メディア (media)とは、媒体、媒質、伝達手段、中間などを指します。
ここで使うメディアとは情報伝達媒体を意味します。

「情報伝達媒体」としてのメディアは、株式会社電通が毎年発表している「日本の広告費」によれば、以下の3つに分類されます。

  • マスコミ四媒体(新聞、TV、雑誌、ラジオ)
  • プロモーション・メディア(屋外広告、交通広告、折込、DM(ダイレクト・メール)、フリーペーパー、POP、イベント・展示・映像ほか)
  • インターネット

メディアの変化の実態

マスコミ4媒体とプロモーション・メディアの広告費は社会状況に応じて増減する一方、インターネット広告費は社会状況に関係なく毎年増加、今後も増加し続けると予想されています。

つまり、リーマンショックや東日本大震災、消費増税による買い控え、コロナ過で、マスコミ4媒体とプロモーション・メディアの広告費が前年比マイナスになった年でも、インターネット広告費は伸び続けています。

逆にこれまでメディアの主役であったマスコミ四媒体の広告費は2015年にピークアウトしたものと予想され、2019年にはインターネット広告費がTVCMを上回りました。

①主要メディアの流れ

  • 新聞
    幕末から明治時代に広まり、高度経済成長期の1966年に3000万部台に乗り、その後は1990年代末の5000万部超まで拡大しピークアウトしています。
  • TV
    1953年2月日本初地上波テレビ放送が開始されました。
  • インターネット
    1995年頃から、インターネットが一般に普及し、インターネット広告費は1996年から一貫して成長しています。
  • SNS
    iPhoneが発売された2007年以降、急速に普及したスマートフォンは、無料電話機能付きのSNS「LINE」の登場と相まって、SNSでのコミュニケーションが常態化しています。
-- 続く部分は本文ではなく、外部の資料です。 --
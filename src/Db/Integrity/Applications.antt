-- ===== src/Db/Integrity/Applications.antt =====
-- `ApplicationRepo`: that each of its statements keeps the invariant of the tables.
use oxidarr.Common.{
  ℕ, suc, ◌≤◌, ◌≡◌, refl, String, true, false, not, List, [], ◌∷◌, ◌++◌, map, any, filter, length,
  All, All-append, arith, ◌==◌, Text, text_eq, if◌then◌else◌, Bool-cases, inl, inr, subst,
  text_eq_sym,
}
use oxidarr.Common.Unique.{any-append}
use oxidarr.Common.NoTwo.{
  NoTwo-filter, NoTwo-append, NoTwo-map, All-filter, All-imp, All-map, NoTwo-rename,
}
use oxidarr.Common.Outcome.{ok}
use oxidarr.Db.Rows.{StoredApplication, StoredMapping, NewApplication, ApplicationRow}
use oxidarr.Db.Conn.{Tables}
use oxidarr.Db.Mappings.{has_app}
use oxidarr.Db.Applications.{
  has_id, takes_name, new_row, rewrite_row, insert_row, update_row, delete_row,
}
use oxidarr.Db.Integrity.{IsIntact, Linked, same_pair, same_application}

fresh_id :
    (id : ℕ) (bound : ℕ) (rows : List StoredApplication)
    → All (λ r. r.id ≤ bound) rows
    → suc bound ≤ id
    → any (λ r. id == r.id) rows ≡ false
fresh_id id bound [] h lt = refl
fresh_id id bound (r ∷ rest) h lt = ground (arith, fresh_id id bound rest h.1)

name_free :
    (n : Text) (rows : List StoredApplication)
    → any (λ r. text_eq r.name n) rows ≡ false
    → any (λ r. text_eq n r.name) rows ≡ false
name_free n [] h = refl
name_free n (r ∷ rest) h = ground (arith, text_eq_sym n r.name, name_free n rest)

-- `insert` keeps the invariant, and the id that it assigns was no row's.
pub insert_row-IsIntact :
    (new : NewApplication) (added : String) (t : Tables) (id : ℕ) (t' : Tables)
    → IsIntact t
    → insert_row new added t ≡ ok (id, t')
    → IsIntact t' × (any (has_id id) t.applications ≡ false)
unfolding insert_row
insert_row-IsIntact new added t id t' i h =
    elim (Bool-cases (any (λ r. text_eq r.name new.name) t.applications)) [
      | inl taken ↦ absurd (ground (arith, h, taken))
      | inr free ↦ (
        subst IsIntact {x = grown} (ground (arith, h, free)) (record {
          application_ids = NoTwo-append same_application t.applications row i.application_ids (
              fresh_id (suc t.last_application) t.last_application t.applications
                i.application_bound (omega arith));
          application_bound =
              All-append (λ r. r.id ≤ suc t.last_application) t.applications (row ∷ [])
                (All-imp (λ r. r.id ≤ t.last_application) _ t.applications (λ r le. omega arith)
                  i.application_bound)
                (omega arith);
          application_names =
              NoTwo-append (λ r s. text_eq s.name r.name) t.applications row i.application_names
                (name_free new.name t.applications free);
          indexer_ids = i.indexer_ids;
          indexer_bound = i.indexer_bound;
          indexer_names = i.indexer_names;
          pairs = i.pairs;
          links =
              All-imp (Linked t) (Linked grown) t.mappings
                (λ m l. (
                  ground (arith, l.0, any-append (λ r. r.id == m.app_id) t.applications (row ∷ [])),
                  l.1,
                ))
                i.links;
        }),
        rw (assigned free) (no_row t.applications i.application_bound),
      )
    ]
  where
    row : StoredApplication
    row = new_row new added (suc t.last_application)

    grown : Tables
    grown = record t {
      applications = t.applications ++ row ∷ [];
      last_application = suc t.last_application;
    }

    assigned :
        any (λ r. text_eq r.name new.name) t.applications ≡ false → id ≡ suc t.last_application
    assigned free = ground (arith, h, free)

    no_row :
        (rows : List StoredApplication)
        → All (λ r. r.id ≤ t.last_application) rows
        → any (has_id (suc t.last_application)) rows ≡ false
    no_row [] a = refl
    no_row (r ∷ rest) a = ground (arith, no_row rest a.1)

-- `delete` keeps the invariant: the mappings of the row go with it.
pub delete_row-IsIntact :
    (id : ℕ) (t : Tables) (n : ℕ) (t' : Tables)
    → IsIntact t
    → delete_row id t ≡ ok (n, t')
    → IsIntact t'
unfolding delete_row
delete_row-IsIntact id t n t' i h = subst IsIntact {x = shrunk} (ground (arith, h)) (record {
  application_ids = NoTwo-filter same_application _ t.applications i.application_ids;
  application_bound =
      All-filter (λ r. r.id ≤ t.last_application) _ _ t.applications (λ r le _. le)
        i.application_bound;
  application_names =
      NoTwo-filter (λ r s. text_eq s.name r.name) _ t.applications i.application_names;
  indexer_ids = i.indexer_ids;
  indexer_bound = i.indexer_bound;
  indexer_names = i.indexer_names;
  pairs = NoTwo-filter same_pair _ t.mappings i.pairs;
  links =
      All-filter (Linked t) (Linked shrunk) _ t.mappings (λ m l kept. (still m l.0 kept, l.1))
        i.links;
})
  where
    shrunk : Tables
    shrunk = record t {
      applications = filter (λ r. not (has_id id r)) t.applications;
      mappings = filter (λ m. not (m.app_id == id)) t.mappings;
    }

    found_elsewhere :
        (key : ℕ) (rows : List StoredApplication)
        → (key == id) ≡ false
        → any (λ r. r.id == key) rows ≡ true
        → any (λ r. r.id == key) (filter (λ r. not (has_id id r)) rows) ≡ true
    found_elsewhere key [] ne e = cc
    found_elsewhere key (r ∷ rest) ne e = ground (arith, found_elsewhere key rest ne)

    still :
        (m : StoredMapping)
        → has_app t m.app_id ≡ true
        → not (m.app_id == id) ≡ true
        → has_app shrunk m.app_id ≡ true
    still m there kept = found_elsewhere m.app_id t.applications (ground (arith, kept)) there

-- `update` keeps the invariant: the new name is no other row's.
pub update_row-IsIntact :
    (row : ApplicationRow) (t : Tables) (n : ℕ) (t' : Tables)
    → IsIntact t
    → update_row row t ≡ ok (n, t')
    → IsIntact t'
unfolding update_row
update_row-IsIntact row t n t' i h =
    elim (Bool-cases (length (filter (has_id row.id) t.applications) == 0)) [
      | inl nothing ↦ subst IsIntact (ground (arith, h, nothing)) i
      | inr some_row ↦ elim (Bool-cases (any (takes_name row.id row.name) t.applications)) [
        | inl taken ↦ absurd (ground (arith, h, some_row, taken))
        | inr free ↦ subst IsIntact {x = changed} (ground (arith, h, some_row, free)) (record {
          application_ids =
              NoTwo-map same_application change t.applications
                (λ r s. rw (keeps_id r, keeps_id s) refl) i.application_ids;
          application_bound =
              All-map (λ r. r.id ≤ t.last_application) change t.applications
                (All-imp (λ r. r.id ≤ t.last_application) _ t.applications
                  (λ r le. rw (keeps_id r) le) i.application_bound);
          application_names =
              NoTwo-rename (λ r. r.id) (λ r. r.name) row.id row.name change (λ r e. rw e refl)
                (λ r e. rw e refl) t.applications i.application_ids i.application_names free;
          indexer_ids = i.indexer_ids;
          indexer_bound = i.indexer_bound;
          indexer_names = i.indexer_names;
          pairs = i.pairs;
          links =
              All-imp (Linked t) (Linked changed) t.mappings
                (λ m l. (still_there m.app_id t.applications l.0, l.1)) i.links;
        })
      ]
    ]
  where
    change : StoredApplication → StoredApplication
    change r = if has_id row.id r then rewrite_row row r else r

    changed : Tables
    changed = record t { applications = map change t.applications }

    keeps_id : (r : StoredApplication) → (change r).id ≡ r.id
    keeps_id r = ground arith

    still_there :
        (key : ℕ) (rows : List StoredApplication)
        → any (λ r. r.id == key) rows ≡ true
        → any (λ r. r.id == key) (map change rows) ≡ true
    still_there key [] e = e
    still_there key (r ∷ rest) e = ground (arith, keeps_id r, still_there key rest)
また、スマホの浸透とともにインターネット広告費はここ10年で3倍に増加しました。

以下の広告費の数値・傾向は株式会社電通が毎年2月に発表している「日本の広告費」を参考にしています。

②今日のメディア状況

  • 2020年の日本の総広告費61,594億円
    2020年3月コロナショックで前年比88.8%。これは東日本大震災(2011年)以来9年ぶりのマイナスです。また、リーマンショックの影響を受けた2009年に次ぐマイナス幅でもあります。
  • 総広告費におけるメディア3分類の割合
    ・マスコミ四媒体36.6%(地上波TV25%)
    ・プロモーション・メディア27.2%
    ・インターネット36.2%
  • 日本の総広告費の主な出来事

毎年、名目国内総生産(GDP)の1.1%以上~1.4%未満で総広告費は推移しています。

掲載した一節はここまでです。